MS: Or you do but you understand that you’re only selling part of it or something like that you know, that
there are certain compromises you do end up making. I mean I’ve certainly, I think the internships are a
wonderful way, I mean and sometimes they are just amazing and sometimes they’re just ways for the
student to get even further in bureaucracy you know. And that’s okay because you know you did want
them to be employed and but you’re sort of, you know I think about two students I had this year, one of
them was just working for EPA doing public relations affairs sort of stuff and you know just ended up
being just a dull bureaucrat (unclear) today. I mean there’s no hope for him. I just, I mean he’s a nice guy
15
Jude Van Buren
Future of Environmental Studies at Evergreen
Interviewed by Matt Smith
but there’s nothing that this guy’s ever going to do and you know it, you know it, you just can’t… And
yet you’d rather he did that than to be stymied and out of work. And his heart will be in the right place
and all that kind of thing but a lot of it will go by him. Whereas the other student went down and did an
internship with the legislature with the Autobahn Society for a quarter and then went down and just went
wild. I mean just, it basically took over four or five bills that they were concerned about and did all their
research and lined up all the witnesses and just went crazy. They did all this stuff and then turned right
around and went to work for the Fish and Wildlife Service for a quarter doing merlot stuff, trying to
figure out what the… The Fish and Wildlife Service hadn’t figured out anything what they wanted to do
and yet they were in a position of trying to decide whether this was an endangered species and whether
that meant they were going to close all the fisheries. And they hadn’t even bothered to figure out what
they were doing (unclear) as I the sampling research programs for them and get this through multiagency
things. It was just (unclear). I mean learning the statistics as he went and just putting in 90 hour weeks
and contacting people from all over the world and doing it you know, just doing it, just frankly doing it
and doing a very good job. And they just sort of let him go. And you know I mean I sort of coaxed this
guy and I said, “John, you are the gabbiest person I know. You’re definitely not the political manipulator.
Get in there and be manipulated.” And I think he’ll end up doing something like that more than…
JV: That’s great. Yeah I did a graduate student (unclear) rain contract with me where he has this
undergraduate in social psychology and he got his graduate, just finished his MES. And he wants to get
into horticultural therapy. And I mean it just sounds, and he was with the Olympic Nature Center and this
other group’s are also advocates in this and the program crumbled in front of his very eyes. I mean the
bureaucracy fell apart and they put all this crap on him. But he’s got these three or four guys who are just
bumbling, I mean just completely outside of who they were, not able to talk, to integrate, to do anything
with each other or with themselves. And now I mean they’re planting plants, we’re talking, we’re selling.

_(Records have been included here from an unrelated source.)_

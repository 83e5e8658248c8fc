-- ===== src/Engine/Layers/Gathered.antt =====
-- What `run_compaction` gathers from sound tables, in terms of what the files hold.
use flash_store.Prelude.{
  ℕ, ◌≤◌, ◌≡◌, refl, ap, sym, ◌∙◌, subst, ◌++◌, List, [], ◌∷◌, Option, none, some, In, inl, inr,
  All, arith, Bool-cases, true, false, ◌⊎◌, Option-cases,
}
use mathlib.Core.Option.{some-injective}
use flash_store.Bytes.{key_eq, key_le, cmp_swap, cmp_refl, eq_of_cmp, ◌≺◌}
use flash_store.Compaction.{gather}
use flash_store.Compaction.Merge.{IsNewest, NotNewer, In-append}
use flash_store.Compaction.Ranges.{Between}
use flash_store.Engine.Flushing.{last_key}
use flash_store.Error.{ok}
use flash_store.Manifest.{FileMetaData}
use flash_store.Sstable.Block.Search.{IsSorted, find}
use flash_store.Tables.{Tables}
use flash_store.Types.{Key, Entry}
use flash_store.Engine.Layers.{held, Stored, table_entries}
use flash_store.Engine.Layers.Reads.{Stored-held}

same_key : (a b : Key) → key_eq a b ≡ true → key_eq b a ≡ true
same_key a b h = ground (arith, cmp_swap a b)

-- What a scan finds is in the list and has the key.
pub find-In :
    (k : Key) (es : List Entry) (b : Entry) → find k es ≡ some b → In b es × (key_eq k b.key ≡ true)
unfolding find
find-In k [] b h = absurd cc
find-In k (e ∷ es) b h = elim (Bool-cases (key_eq e.key k)) [
  | inl p ↦
      let same : e ≡ b = some-injective e b (rw p at h) in
      (inl (sym same), same_key b.key k (subst (λ x. key_eq x.key k ≡ true) same p))
  | inr p ↦ let (i, q) = find-In k es b (rw p at h) in (inr i, q)
]

pub All-In-entry : (P : Entry → Type 0) (l : List Entry) (f : Entry) → All P l → In f l → P f
All-In-entry P [] f a i = elim i [ ]
All-In-entry P (g ∷ l) f a (inl same) = subst P (sym same) a.0
All-In-entry P (g ∷ l) f a (inr i) = All-In-entry P l f a.1 i

below_other : (a b k : Key) → a ≺ b → key_eq k b ≡ true → key_eq a k ≡ false
below_other a b k lt e = ground (arith, eq_of_cmp k b, cmp_swap a k)

-- In key order a scan finds the entry with the key.
pub find-sorted :
    (k : Key) (es : List Entry) (x : Entry)
    → IsSorted es
    → In x es
    → key_eq k x.key ≡ true
    → find k es ≡ some x
unfolding find
find-sorted k [] x s i h = absurd (elim i [ ])
find-sorted k (e ∷ es) x s (inl same) h =
    let here : key_eq e.key k ≡ true =
      same_key k e.key (subst (λ x. key_eq k x.key ≡ true) same h) in
    rw here (ap some (sym same))
find-sorted k (e ∷ es) x s (inr i) h =
    rw (below_other e.key x.key k (All-In-entry (λ f. e.key ≺ f.key) es x s.0 i) h)
      (find-sorted k es x s.1 i h)

last_key-ge :
    (lo : Key) (e : Key) (es : List Entry)
    → key_le lo e ≡ true
    → All (λ f. lo ≺ f.key) es
    → key_le lo (last_key e es) ≡ true
last_key-ge lo e [] h a = h
last_key-ge lo e (f ∷ es) h a = last_key-ge lo f.key es (ground (arith, a.0)) a.1

up_to_last :
    (e : Entry) (es : List Entry)
    → IsSorted (e ∷ es)
    → All (λ f. key_le f.key (last_key e.key es) ≡ true) (e ∷ es)
up_to_last e [] s = (ground (arith, cmp_refl e.key), tt)
up_to_last e (f ∷ es) s =
    (last_key-ge e.key f.key es (ground (arith, s.0.0)) s.0.1, up_to_last f es s.1)

from_first :
    (lo hi : Key) (es : List Entry)
    → All (λ f. lo ≺ f.key) es
    → All (λ f. key_le f.key hi ≡ true) es
    → All (λ f. Between lo hi f.key) es
from_first lo hi [] a b = tt
from_first lo hi (e ∷ es) a b = ((ground (arith, a.0), b.0), from_first lo hi es a.1 b.1)

-- The keys of a table lie between its first and its last one.
pub sorted_range :
    (e : Entry) (es : List Entry)
    → IsSorted (e ∷ es)
    → All (λ f. Between e.key (last_key e.key es) f.key) (e ∷ es)
sorted_range e es s =
    let up = up_to_last e es s in
    ((ground (arith, cmp_refl e.key), up.0), from_first e.key (last_key e.key es) es s.0 up.1)

pub append-In : {A : Type 0} (e : A) (xs ys : List A) → In e (xs ++ ys) → In e xs ⊎ In e ys
append-In e [] ys i = inr i
append-In e (x ∷ xs) ys (inl h) = inl (inl h)
append-In e (x ∷ xs) ys (inr i) = elim (append-In e xs ys i) [ inl j ↦ inl (inr j) | inr j ↦ inr j ]

module _ {Table : Type 0} ⦃tables : Tables Table⦄ (files : ℕ → Option Table) where
  abbrev pub all_entries : List FileMetaData → List Entry
  all_entries [] = []
  all_entries (f ∷ fs) = table_entries (files f.file_number) ++ all_entries fs

  gather_file :
      (f : FileMetaData) (fs : List FileMetaData) (t : Table) (es rest : List Entry)
      → files f.file_number ≡ some t
      → tables.read_all t ≡ ok es
      → gather files fs ≡ ok rest
      → gather files (f ∷ fs) ≡ ok (es ++ rest)
  unfolding gather
  gather_file f fs t es rest there read g = ground arith

  pub gather-ok :
      (fs : List FileMetaData)
      → ((f : FileMetaData) → In f fs → Stored files f)
      → gather files fs ≡ ok (all_entries fs)
  unfolding gather
  gather-ok [] s = refl
  gather-ok (f ∷ fs) s =
      let (t, (there, sound)) = s f (inl refl) in
      gather_file f fs t sound.entries (all_entries fs) there sound.read_all
        (gather-ok fs (λ g i. s g (inr i)))
      ∙ ap (λ es. ok (es ++ all_entries fs)) (sym (Stored-held Table files f (t, (there, sound))))

  pub all_entries-In :
      (fs : List FileMetaData) (x : Entry)
      → In x (all_entries fs)
      → (p : FileMetaData) × (In p fs × In x (table_entries (files p.file_number)))
  all_entries-In [] x i = absurd (elim i [ ])
  all_entries-In (f ∷ fs) x i =
      elim (append-In x (table_entries (files f.file_number)) (all_entries fs) i) [
        | inl j ↦ (f, (inl refl, j))
        | inr j ↦ let (p, (k, l)) = all_entries-In fs x j in (p, (inr k, l))
      ]

  pub In-all_entries :
      (fs : List FileMetaData) (p : FileMetaData) (x : Entry)
      → In p fs
      → In x (table_entries (files p.file_number))
      → In x (all_entries fs)
  In-all_entries [] p x i j = absurd (elim i [ ])
  In-all_entries (f ∷ fs) p x (inl e) j =
      In-append x (table_entries (files f.file_number)) (all_entries fs)
        (inl (subst (λ p. In x (table_entries (files p.file_number))) e j))
  In-all_entries (f ∷ fs) p x (inr i) j =
      In-append x (table_entries (files f.file_number)) (all_entries fs)
        (inr (In-all_entries fs p x i j))

  module _ (fs : List FileMetaData) (k : Key) where
    -- The newest gathered entry is held by one of the files, and no file holds a newer one.
    pub gathered_newest :
        (x : Entry)
        → ((f : FileMetaData) → In f fs → Stored files f)
        → IsNewest k (all_entries fs) (some x)
        → ((p : FileMetaData) × (In p fs × (held files k p ≡ some x)))
          × ((q : FileMetaData) (b : Entry)
              → In q fs
              → held files k q ≡ some b
              → b.seq_no ≤ x.seq_no)
    gathered_newest x s (i, same, newest) =
        let (p, (j, at)) = all_entries-In fs x i in
        let st = s p j in
        let sorted : IsSorted (table_entries (files p.file_number)) =
          subst IsSorted (sym (Stored-held Table files p st)) st.1.1.sorted in
        (
          (p, (j, find-sorted k (table_entries (files p.file_number)) x sorted at same)),
          λ q b m h.
              let (n, e) = find-In k (table_entries (files q.file_number)) b h in
              let older =
                All-In-entry (NotNewer k x.seq_no) (all_entries fs) b newest
                  (In-all_entries fs q b m n) in
              ground arith,
        )

    pub gathered_none :
        IsNewest k (all_entries fs) none → (q : FileMetaData) → In q fs → held files k q ≡ none
    gathered_none newest q m = elim (Option-cases (held files k q)) [
      | inl h ↦ h
      | inr (b, h) ↦
          let (n, e) = find-In k (table_entries (files q.file_number)) b h in
          let other =
            All-In-entry (λ f. key_eq k f.key ≡ false) (all_entries fs) b newest
              (In-all_entries fs q b m n) in
          absurd cc
    ]
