-- ===== src/Engine/Layers/Newest.antt =====
-- Where files hide each other in order, the first file with a key holds its newest entry.
use flash_store.Prelude.{
  ℕ, zero, suc, ◌≤◌, ◌≡◌, ap, sym, ◌∙◌, [], ◌∷◌, Option, some, In, inl, inr, arith, Option-cases,
}
use flash_store.Manifest.{FileMetaData, Levels}
use flash_store.Manifest.Levels.{files_at}
use flash_store.Types.{Key, Entry}
use flash_store.Engine.Layers.{Held, Across, ApartAt, IsLayered}
use flash_store.Engine.Layers.Reads.{
  or_held, first_held, last_held, first_below, first_of, first_held-In, first_held-finds,
  last_held-In, last_held-newest,
}

-- A file of the levels holds the entry.
abbrev pub IsHeld : Held → Key → Levels → Entry → Type 0
IsHeld h k ls e = (i : ℕ) × ((f : FileMetaData) × (In f (files_at i ls) × (h k f ≡ some e)))

-- No file of the levels holds a newer entry of the key than `o`, and none at all if that is `none`.
abbrev pub UpTo : Held → Key → Levels → Option Entry → Type 0
UpTo h k ls o =
    (i : ℕ) (f : FileMetaData) (a : Entry)
    → In f (files_at i ls)
    → h k f ≡ some a
    → (e : Entry) × ((o ≡ some e) × (a.seq_no ≤ e.seq_no))

-- `o` is the newest entry of the key in the levels.
abbrev pub Newest : Held → Key → Levels → Option Entry → Type 0
Newest h k ls o = ((e : Entry) → o ≡ some e → IsHeld h k ls e) × UpTo h k ls o

module _ (h : Held) (k : Key) where
  below_in : (ls : Levels) (e : Entry) → first_below h k ls ≡ some e → IsHeld h k ls e
  below_in [] e p = absurd cc
  below_in (l ∷ ls) e p = elim (Option-cases (first_held h k l)) [
    | inl q ↦
        let (i, (f, (m, r))) =
          below_in ls e (sym (ap (λ o. or_held o (first_below h k ls)) q) ∙ p) in
        (suc i, (f, (m, r)))
    | inr (x, q) ↦
        (0, first_held-In h k l e (q ∙ (sym (ap (λ o. or_held o (first_below h k ls)) q) ∙ p)))
  ]

  of_in : (ls : Levels) (e : Entry) → first_of h k ls ≡ some e → IsHeld h k ls e
  of_in [] e p = absurd cc
  of_in (l ∷ ls) e p = elim (Option-cases (last_held h k l)) [
    | inl q ↦
        let (i, (f, (m, r))) =
          below_in ls e (sym (ap (λ o. or_held o (first_below h k ls)) q) ∙ p) in
        (suc i, (f, (m, r)))
    | inr (x, q) ↦
        (0, last_held-In h k l e (q ∙ (sym (ap (λ o. or_held o (first_below h k ls)) q) ∙ p)))
  ]

  below-UpTo :
      (ls : Levels)
      → Across h ls
      → ((i : ℕ) → ApartAt h (files_at i ls))
      → UpTo h k ls (first_below h k ls)
  below-UpTo [] ac ap' i f a m p = absurd (elim m [ ])
  below-UpTo (l ∷ ls) ac apart zero f a m p =
      let (e, q) = first_held-finds h k l f a m p in
      let (g, (n, r)) = first_held-In h k l e q in
      let same : f ≡ g = apart 0 f g k a e m n p r in
      let eq : a ≡ e = cc in
      (e, (ap (λ o. or_held o (first_below h k ls)) q, omega (arith, ap (λ x. x.seq_no) eq)))
  below-UpTo (l ∷ ls) ac apart (suc i) f a m p = elim (Option-cases (first_held h k l)) [
    | inl q ↦
        let (e, (r, le)) =
          below-UpTo ls (λ i j f g lt. ac (suc i) (suc j) f g (omega arith)) (λ i. apart (suc i)) i
            f a m p in
        (e, (ap (λ o. or_held o (first_below h k ls)) q ∙ r, le))
    | inr (x, q) ↦
        let (g, (n, r)) = first_held-In h k l x q in
        let newer = ac 0 (suc i) g f (omega arith) n m k x a r p in
        (x, (ap (λ o. or_held o (first_below h k ls)) q, omega arith))
  ]

  of_UpTo : (ls : Levels) → IsLayered h ls → UpTo h k ls (first_of h k ls)
  of_UpTo [] v i f a m p = absurd (elim m [ ])
  of_UpTo (l ∷ ls) v zero f a m p =
      let (e, (q, le)) = last_held-newest h k l f a v.newest_last m p in
      (e, (ap (λ o. or_held o (first_below h k ls)) q, le))
  of_UpTo (l ∷ ls) v (suc i) f a m p = elim (Option-cases (last_held h k l)) [
    | inl q ↦
        let (e, (r, le)) =
          below-UpTo ls (λ i j f g lt. v.across (suc i) (suc j) f g (omega arith))
            (λ i. v.apart (suc i) (omega arith)) i f a m p in
        (e, (ap (λ o. or_held o (first_below h k ls)) q ∙ r, le))
    | inr (x, q) ↦
        let (g, (n, r)) = last_held-In h k l x q in
        let newer = v.across 0 (suc i) g f (omega arith) n m k x a r p in
        (x, (ap (λ o. or_held o (first_below h k ls)) q, omega arith))
  ]

  pub first_of-Newest : (ls : Levels) → IsLayered h ls → Newest h k ls (first_of h k ls)
  first_of-Newest ls v = (of_in ls, of_UpTo ls v)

All of a sudden he’s got these people to really come outside of their illness and become human beings
through this therapy stuff. And it was just you know I mean he learned that you can do things even though
the system is completely in havoc. So then he went on and did his graduate work and his doctoral work.
But I mean it was just wonderful stuff. I mean it kind of gave me shivers to see what he was able to do
kind of on his own. He was under a psychiatrist’s care doing this. But I mean just doing incredible things.
MS: I know a psychiatrist cares (?) supervision of (unclear)…
JV: Yeah that’s (laughs)… But you know just I mean it’s wonderful what these people can do. It’s most
exciting. I just got cold. I’m freezing. Well I don’t know if I was very much help now. I don’t have much
background here. My teaching experience is more at graduate school teaching in that arena. But…
MS: Oh there’s some things that have been helpful. And I don’t know it’s just interesting to see some
other views on this. And you know I hope that… (End of recording.)